-- ===== src/Mesh/Exchange.antt =====
-- What the phone is sent when it connects: `send_config_exchange`, `send_nodeinfo_exchange` and
-- `replay_stored_frames` of meshtastenstein-core/src/domain/handlers/from_app/mod.rs, and
-- `decode_psk_frame` and `replay_satellite_db` of domain/handlers/util.rs.
pub mod Stages
pub mod Shown
pub mod Complete
pub mod Replay
use meshtastenstein_rs.Base.{
  ℕ, zero, suc, ◌+◌, ◌-◌, ◌*◌, ◌%◌, ◌^◌, Bool, true, false, ◌&&◌, not, ◌⊎◌, inl, inr, Option, none,
  some, List, [], ◌∷◌, ◌++◌, map, ◌==◌, leb, if◌then◌else◌, unwrap_or, map_some, length, take,
  retain,
}
use meshtastenstein_rs.Packet.{Header, RadioFrame, frame_header, payload, broadcast_addr}
use meshtastenstein_rs.NodeDb.{User, NodeEntry, NodeDb, get}
use meshtastenstein_rs.Channels.{ChannelConfig, get_channel, find_by_hash}
use meshtastenstein_rs.Radio.Preset.{display_name}
use meshtastenstein_rs.Device.{DeviceState}
use meshtastenstein_rs.Message.{Data, DecodedPayload, open_channel}
use meshtastenstein_rs.Storage.{Flash, NvsStorage, peek, pop}
use meshtastenstein_rs.Proto.{PortNum, MeshPacket, NodeInfo, FromRadio, Config, ModuleConfig, Wire}
use meshtastenstein_rs.Mesh.{MeshCtx}
use meshtastenstein_rs.Mesh.Send.{
  PacketForwardArgs, default_data, default_packet, forward_to_ble, push_from_radio, node_info_of,
}
use meshtastenstein_rs.Mesh.Settings.{build_lora_config}
use meshtastenstein_rs.Mesh.Admin.{shown_settings, shown_role}

-- constants.rs
abbrev pub min_app_version : ℕ
min_app_version = 30200

abbrev pub config_exchange_max_nodes : ℕ
config_exchange_max_nodes = 10

abbrev pub min_plausible_epoch : ℕ
min_plausible_epoch = 1577836800

abbrev pub module_configs : List ModuleConfig
module_configs =
    ModuleConfig.mqtt ∷ ModuleConfig.serial ∷ ModuleConfig.external_notification
    ∷ ModuleConfig.store_forward ∷ ModuleConfig.range_test ∷ ModuleConfig.telemetry
    ∷ ModuleConfig.canned_message ∷ ModuleConfig.audio ∷ ModuleConfig.remote_hardware
    ∷ ModuleConfig.neighbor_info ∷ ModuleConfig.ambient_lighting ∷ ModuleConfig.detection_sensor
    ∷ ModuleConfig.paxcounter ∷ ModuleConfig.status_message ∷ ModuleConfig.traffic_management
    ∷ ModuleConfig.tak ∷ ModuleConfig.mesh_beacon ∷ []

-- two rounds of a multiplicative hash; zero counts as no id
unfoldable pub make_replay_packet_id : ℕ → ℕ → ℕ → ℕ
make_replay_packet_id num timestamp kind =
    let first = (num * 2654435761 + timestamp) % 2 ^ 32 in
    let h = (first * 2654435761 + kind) % 2 ^ 32 in if h == 0 then 1 else h

unfoldable pub replay_hop_fields : Option ℕ → ℕ → ℕ × ℕ
replay_hop_fields none configured_hop_limit = (0, 0)
replay_hop_fields (some hops) configured_hop_limit =
    (configured_hop_limit, configured_hop_limit - hops)

-- the nodes of the second stage: the first numbers of the database, each looked up again
unfoldable pub shown_nodes : {P M : Type 0} → List (NodeEntry P M) → NodeDb P M → List (FromRadio P)
shown_nodes {P} {M} [] db = []
shown_nodes {P} {M} (e ∷ es) db =
    let rest = shown_nodes es db in
    elim (get e.node_num db) [
      | none ↦ rest
      | some entry ↦ FromRadio.node_info (node_info_of entry) ∷ rest
    ]

module _ {P M : Type 0} (w : Wire P M) where
  -- what the two replayed packets of a node have in common
  unfoldable pub replay_packet : NodeEntry P M → ℕ → PortNum → List ℕ → MeshPacket
  replay_packet entry configured_hop_limit port bytes =
      let (hop_start, hop_limit) = replay_hop_fields entry.hops_away configured_hop_limit in
      record default_packet {
        from = entry.node_num;
        to = broadcast_addr;
        id = make_replay_packet_id entry.node_num entry.last_heard (w.port_code port);
        rx_time = if leb min_plausible_epoch entry.last_heard then some entry.last_heard else none;
        rx_snr = unwrap_or entry.snr 0;
        hop_start = hop_start;
        hop_limit = hop_limit;
        priority = w.background;
        decoded = some (record default_data { portnum = w.port_code port; inner_payload = bytes });
      }

  -- the position of a node, if it is known and another's
  unfoldable pub replay_positions : ℕ → ℕ → List (NodeEntry P M) → List (FromRadio P)
  replay_positions our hops [] = []
  replay_positions our hops (e ∷ es) =
      let rest = replay_positions our hops es in
      if e.node_num == our then rest else elim e.position_info [
        | none ↦ rest
        | some place ↦
            FromRadio.packet (replay_packet e hops PortNum.position_app (w.encode_position place))
            ∷ rest
      ]

  unfoldable pub replay_telemetry : ℕ → ℕ → List (NodeEntry P M) → List (FromRadio P)
  replay_telemetry our hops [] = []
  replay_telemetry our hops (e ∷ es) =
      let rest = replay_telemetry our hops es in
      if e.node_num == our then rest else elim e.device_metrics [
        | none ↦ rest
        | some metrics ↦
            FromRadio.packet
              (replay_packet e hops PortNum.telemetry_app (w.encode_telemetry e.last_heard metrics))
            ∷ rest
      ]

  unfoldable pub channel_message : DeviceState → ℕ → FromRadio P
  channel_message device idx =
      let ch = get_channel idx device.channels in
      FromRadio.channel idx (shown_settings ch) (shown_role w ch)

  -- the decoded payload of a stored frame
  unfoldable pub decode_psk_frame : RadioFrame → DeviceState → Option (Header × Data × ℕ)
  decode_psk_frame frame device = elim (frame_header frame) [
    | none ↦ none
    | some h ↦
        let channel =
          find_by_hash h.channel_index (display_name device.modem_preset) device.channels in
        let channel_index =
          unwrap_or (map_some {A = ChannelConfig} {B = ℕ} (λ c. c.index) channel) 0 in
        elim (open_channel w.protocol channel h (payload frame)) [
          | none ↦ none
          | some bytes ↦ elim (w.protocol.decode_data bytes) [
            | none ↦ none
            | some d ↦ some (h, d, channel_index)
          ]
        ]
  ]

unfoldable pub replay_args : Header → Data → ℕ → PacketForwardArgs
replay_args h d channel_index = record {
  header = h;
  channel_index = channel_index;
  portnum = d.portnum;
  inner_payload = d.inner_payload;
  reply_id = d.reply_id;
  emoji = d.emoji;
  snr = 0;
  rssi = 0;
}

module _ {P M F : Type 0} (w : Wire P M) where
  -- the messages, one after the other
  unfoldable pub push_all : List (FromRadio P) → MeshCtx P M F → MeshCtx P M F
  push_all [] ctx = ctx
  push_all (m ∷ ms) ctx = push_all ms (push_from_radio w m ctx)

  unfoldable pub own_node_info : MeshCtx P M F → NodeInfo P
  own_node_info ctx = record {
    num = ctx.device.my_node_num;
    user = some (record {
      id = ctx.node_id_str;
      long_name = ctx.device.long_name;
      short_name = ctx.device.short_name;
      hw_model = ctx.device.hw_model;
      role = 0;
      public_key = ctx.pkc_pub_bytes;
    });
    position_info = none;
    snr = 0;
    last_heard = 0;
    hops_away = none;
    is_favorite = true;
    is_ignored = false;
    is_muted = false;
  }

  unfoldable pub own_configs : MeshCtx P M F → List Config
  own_configs ctx =
      Config.device (w.conversions.role_code ctx.device.role)
      ∷ Config.position
      ∷ Config.power
      ∷ Config.network
      ∷ Config.display
      ∷ Config.lora (build_lora_config w ctx.device)
      ∷ Config.bluetooth
      ∷ Config.security ctx.pkc_pub_bytes ctx.pkc_priv_bytes
      ∷ Config.session_key
      ∷ Config.device_ui
      ∷ []

  -- the messages of the first stage, in the order in which they are sent
  unfoldable pub config_messages : ℕ → MeshCtx P M F → List (FromRadio P)
  config_messages config_id ctx =
      (FromRadio.my_info ctx.device.my_node_num (1 + length ctx.node_db.nodes)
        ∷ FromRadio.device_ui
        ∷ FromRadio.node_info (own_node_info ctx)
        ∷ FromRadio.metadata ctx.device.hw_model ctx.device.role
        ∷ FromRadio.region_presets
        ∷ [])
      ++ (map (channel_message w ctx.device) (0 ∷ 1 ∷ 2 ∷ 3 ∷ 4 ∷ 5 ∷ 6 ∷ 7 ∷ [])
          ++ (map FromRadio.config (own_configs ctx)
              ++ (map FromRadio.module_config module_configs
                  ++ (FromRadio.config_complete_id config_id ∷ []))))

  unfoldable pub send_config_exchange : ℕ → MeshCtx P M F → MeshCtx P M F
  send_config_exchange config_id ctx = push_all (config_messages config_id ctx) ctx

  unfoldable pub replay_satellite_db : MeshCtx P M F → MeshCtx P M F
  replay_satellite_db ctx =
      let our = ctx.device.my_node_num in
      let hops = ctx.device.default_hops in
      push_all
        (replay_positions w our hops ctx.node_db.nodes
          ++ replay_telemetry w our hops ctx.node_db.nodes)
        ctx

  -- the messages of the second stage, up to the last
  unfoldable pub node_messages : ℕ → MeshCtx P M F → List (FromRadio P)
  node_messages config_id ctx =
      FromRadio.node_info (own_node_info ctx)
      ∷ (shown_nodes (take config_exchange_max_nodes ctx.node_db.nodes) ctx.node_db
          ++ (FromRadio.config_complete_id config_id ∷ []))

  unfoldable pub send_nodeinfo_exchange : ℕ → MeshCtx P M F → MeshCtx P M F
  send_nodeinfo_exchange config_id ctx =
      replay_satellite_db (push_all (node_messages config_id ctx) ctx)

  -- a stored frame for the phone, if it can be decoded
  unfoldable pub replay_frame : RadioFrame → MeshCtx P M F → MeshCtx P M F
  replay_frame frame ctx = elim (decode_psk_frame w frame ctx.device) [
    | none ↦ ctx
    | some (h, d, channel_index) ↦ forward_to_ble w (replay_args h d channel_index) ctx
  ]

-- the stored frame that comes next
unfoldable pub next_stored : {E : Type 0} → E ⊎ Option RadioFrame → Option RadioFrame
next_stored {E} (inl e) = none
next_stored {E} (inr frame) = frame

module _ {P M F : Type 0} (w : Wire P M) (nor : Flash F) where
  -- the loop, with fuel for as many frames as are stored
  unfoldable pub replay_loop : ℕ → MeshCtx P M F → MeshCtx P M F
  replay_loop zero ctx = ctx
  replay_loop (suc fuel) ctx = elim (next_stored (peek ctx.storage)) [
    | none ↦ ctx
    | some frame ↦
        replay_loop fuel (replay_frame w frame (record ctx { storage = (pop nor ctx.storage).0 }))
  ]

  unfoldable pub replay_stored_frames : MeshCtx P M F → MeshCtx P M F
  replay_stored_frames ctx = replay_loop ctx.storage.count ctx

# # # #

How to complete this task: Pick from the records each line that contains the word "Wire" and show it.

Result:
use meshtastenstein_rs.Proto.{PortNum, MeshPacket, NodeInfo, FromRadio, Config, ModuleConfig, Wire}
module _ {P M : Type 0} (w : Wire P M) where
module _ {P M F : Type 0} (w : Wire P M) where
module _ {P M F : Type 0} (w : Wire P M) (nor : Flash F) where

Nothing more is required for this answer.